**Problem to solve**
Select every line containing the word "Bool" from the material, and copy those lines.
****************
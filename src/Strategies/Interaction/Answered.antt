-- ===== src/Strategies/Interaction/Answered.antt =====
-- strategy_interaction.py: each command keeps the store sound, beside those that edit a draft.
use china_a_share.Prelude.{
  Bool, true, Option, none, some, Text, List, [], ◌∷◌, is_nil, Satisfies-any,
}
use china_a_share.Prelude.Texts.{strip}
use china_a_share.Floats.{Float}
use china_a_share.Cache.Record.{Instant}
use china_a_share.Strategies.Models.{StrategyConfig, StrategyDraft}
use china_a_share.Strategies.Store.{MemoryStore}
use china_a_share.Strategies.Desk.{Act}
use china_a_share.Strategies.Acts.Keeping.{Keeps-bind, Keeps-answer, Keeps-attempt, Keeps-if}
use china_a_share.Strategies.Desk.Entries.{Possibly}
use china_a_share.Strategies.Interaction.{Reply, ScannerCalls, draft_strategy_view}
use china_a_share.Strategies.Interaction.Commands.{
  Ports, cancel_draft, cancel_latest_draft, cancel_draft_by_id, show_strategies, toggled,
  toggle_strategy, remove_strategy, delete_only, delete_direct, delete_by_target, with_scanner,
  run_all, run_one, the_only, compiled_draft, run_trial,
}
use china_a_share.Strategies.Interaction.Kept.{
  find_draft-Keeps, find_strategy-Keeps, all_strategies-Keeps, save_strategy-Keeps,
  drop_strategy-Keeps, drop_draft-Keeps,
}
use china_a_share.Strategies.Interaction.Steps.{Safe, found-Safe, latest_draft-Keeps}

Possibly-any : {A : Type 0} (v : Option A) → Possibly (λ _. Unit {0}) v
Possibly-any none = tt
Possibly-any (some a) = tt

module _ {F S : Type 0} ⦃f : Float F⦄ (before : MemoryStore F S) (me : Text) where
  pub cancel_draft-Safe : (v : Option (StrategyDraft F S)) → Safe before me (cancel_draft v me)
  unfolding cancel_draft
  cancel_draft-Safe none = Keeps-answer tt
  cancel_draft-Safe (some d) =
      Keeps-bind (drop_draft-Keeps before me d.draft_id) λ _ _. Keeps-answer tt

  pub cancel_latest_draft-Safe : Safe before me (cancel_latest_draft me)
  unfolding cancel_latest_draft
  cancel_latest_draft-Safe = Keeps-bind (latest_draft-Keeps before me) λ v _. cancel_draft-Safe v

  pub cancel_draft_by_id-Safe : (id : Text) → Safe before me (cancel_draft_by_id me id)
  unfolding cancel_draft_by_id
  cancel_draft_by_id-Safe id = Keeps-bind (find_draft-Keeps before me id) λ v h.
      found-Safe before me v _ _ h
        λ d k. Keeps-bind (drop_draft-Keeps before me id) λ _ _. Keeps-answer tt

  pub show_strategies-Safe : Safe before me (show_strategies me)
  unfolding show_strategies
  show_strategies-Safe = Keeps-bind (all_strategies-Keeps before me none) λ _ _. Keeps-answer tt

  pub toggle_strategy-Safe :
      (now : Instant) (id : Text) (enabled : Bool)
      → Safe before me (toggle_strategy now me id enabled)
  unfolding toggle_strategy
  toggle_strategy-Safe now id enabled = Keeps-bind (find_strategy-Keeps before me id) λ v h.
      found-Safe before me v _ _ h λ s k.
        Keeps-bind
          (save_strategy-Keeps before me (toggled s enabled now) (record {
            owned = k.owned;
            named = k.named;
            chat = k.chat;
            source = k.source;
            bounded = k.bounded;
          }))
          λ _ _. show_strategies-Safe

  pub remove_strategy-Safe : (id : Text) → Safe before me (remove_strategy me id)
  unfolding remove_strategy
  remove_strategy-Safe id = Keeps-bind (find_strategy-Keeps before me id) λ v h.
      found-Safe before me v _ _ h
        λ s k. Keeps-bind (drop_strategy-Keeps before me id) λ _ _. Keeps-answer tt

  pub delete_only-Safe :
      (matches : List (StrategyConfig F S)) → Safe before me (delete_only me matches)
  unfolding delete_only
  delete_only-Safe [] = Keeps-answer tt
  delete_only-Safe (s ∷ []) = remove_strategy-Safe s.id
  delete_only-Safe (s ∷ t ∷ ss) = Keeps-answer tt

  pub delete_direct-Safe :
      (v : Option (StrategyConfig F S)) (matches : List (StrategyConfig F S))
      → Safe before me (delete_direct v me matches)
  unfolding delete_direct
  delete_direct-Safe none matches = delete_only-Safe matches
  delete_direct-Safe (some s) matches = remove_strategy-Safe s.id

  pub delete_by_target-Safe : (target : Text) → Safe before me (delete_by_target me target)
  unfolding delete_by_target
  delete_by_target-Safe target =
      Keeps-bind (all_strategies-Keeps before me none) λ ss _. delete_direct-Safe _ _

  pub with_scanner-Safe :
      (v : Option (ScannerCalls F S)) (next : ScannerCalls F S → Act F S (Reply F S))
      → ((calls : ScannerCalls F S) → Safe before me (next calls))
      → Safe before me (with_scanner v next)
  with_scanner-Safe none next h = Keeps-answer tt
  with_scanner-Safe (some calls) next h = h calls

  pub run_all-Safe : (ports : Ports F S) → Safe before me (run_all ports me)
  unfolding run_all
  run_all-Safe ports = with_scanner-Safe ports.scanner _ λ calls.
      Keeps-bind (all_strategies-Keeps before me (some true)) λ ss _.
        Keeps-if (is_nil ss) (λ _. Keeps-answer tt)
          λ _.
            Keeps-bind (Keeps-attempt (Satisfies-any (calls.run_manual_preview me none)))
              λ _ _. Keeps-answer tt

  pub run_one-Safe : (ports : Ports F S) (id : Text) → Safe before me (run_one ports me id)
  unfolding run_one
  run_one-Safe ports id = with_scanner-Safe ports.scanner _ λ calls.
      Keeps-bind (find_strategy-Keeps before me id) λ v h. found-Safe before me v _ _ h λ s k.
        Keeps-if s.enabled
          (λ _.
            Keeps-bind (Keeps-attempt (Satisfies-any (calls.run_manual_preview me (some s.id))))
              λ _ _. Keeps-answer tt)
          (λ _. Keeps-answer tt)

  pub run_trial-Safe :
      (now : Instant) (ports : Ports F S) (body : Text)
      → Safe before me (run_trial now ports me body)
  unfolding run_trial
  run_trial-Safe now ports body = with_scanner-Safe ports.scanner _ λ calls.
      found-Safe before me {P = λ _. Unit {0}} (ports.trial_dates body) _ _
        (Possibly-any (ports.trial_dates body))
        λ (name, (start, end_date)) _.
          Keeps-if (is_nil (strip name))
            (λ _. Keeps-bind (latest_draft-Keeps before me) λ v _.
              found-Safe before me {P = λ _. Unit {0}} (compiled_draft v) _ _
                (Possibly-any (compiled_draft v))
                λ d _.
                  Keeps-bind (Keeps-attempt (Satisfies-any (draft_strategy_view now d)))
                    λ _ _. Keeps-attempt (Satisfies-any _))
            (λ _. Keeps-bind (all_strategies-Keeps before me none) λ ss _.
              found-Safe before me {P = λ _. Unit {0}} (the_only _) _ _ (Possibly-any (the_only _))
                λ s _. Keeps-attempt (Satisfies-any _))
****************
**Response for this exercise**
  Bool, true, Option, none, some, Text, List, [], ◌∷◌, is_nil, Satisfies-any,
      (now : Instant) (id : Text) (enabled : Bool)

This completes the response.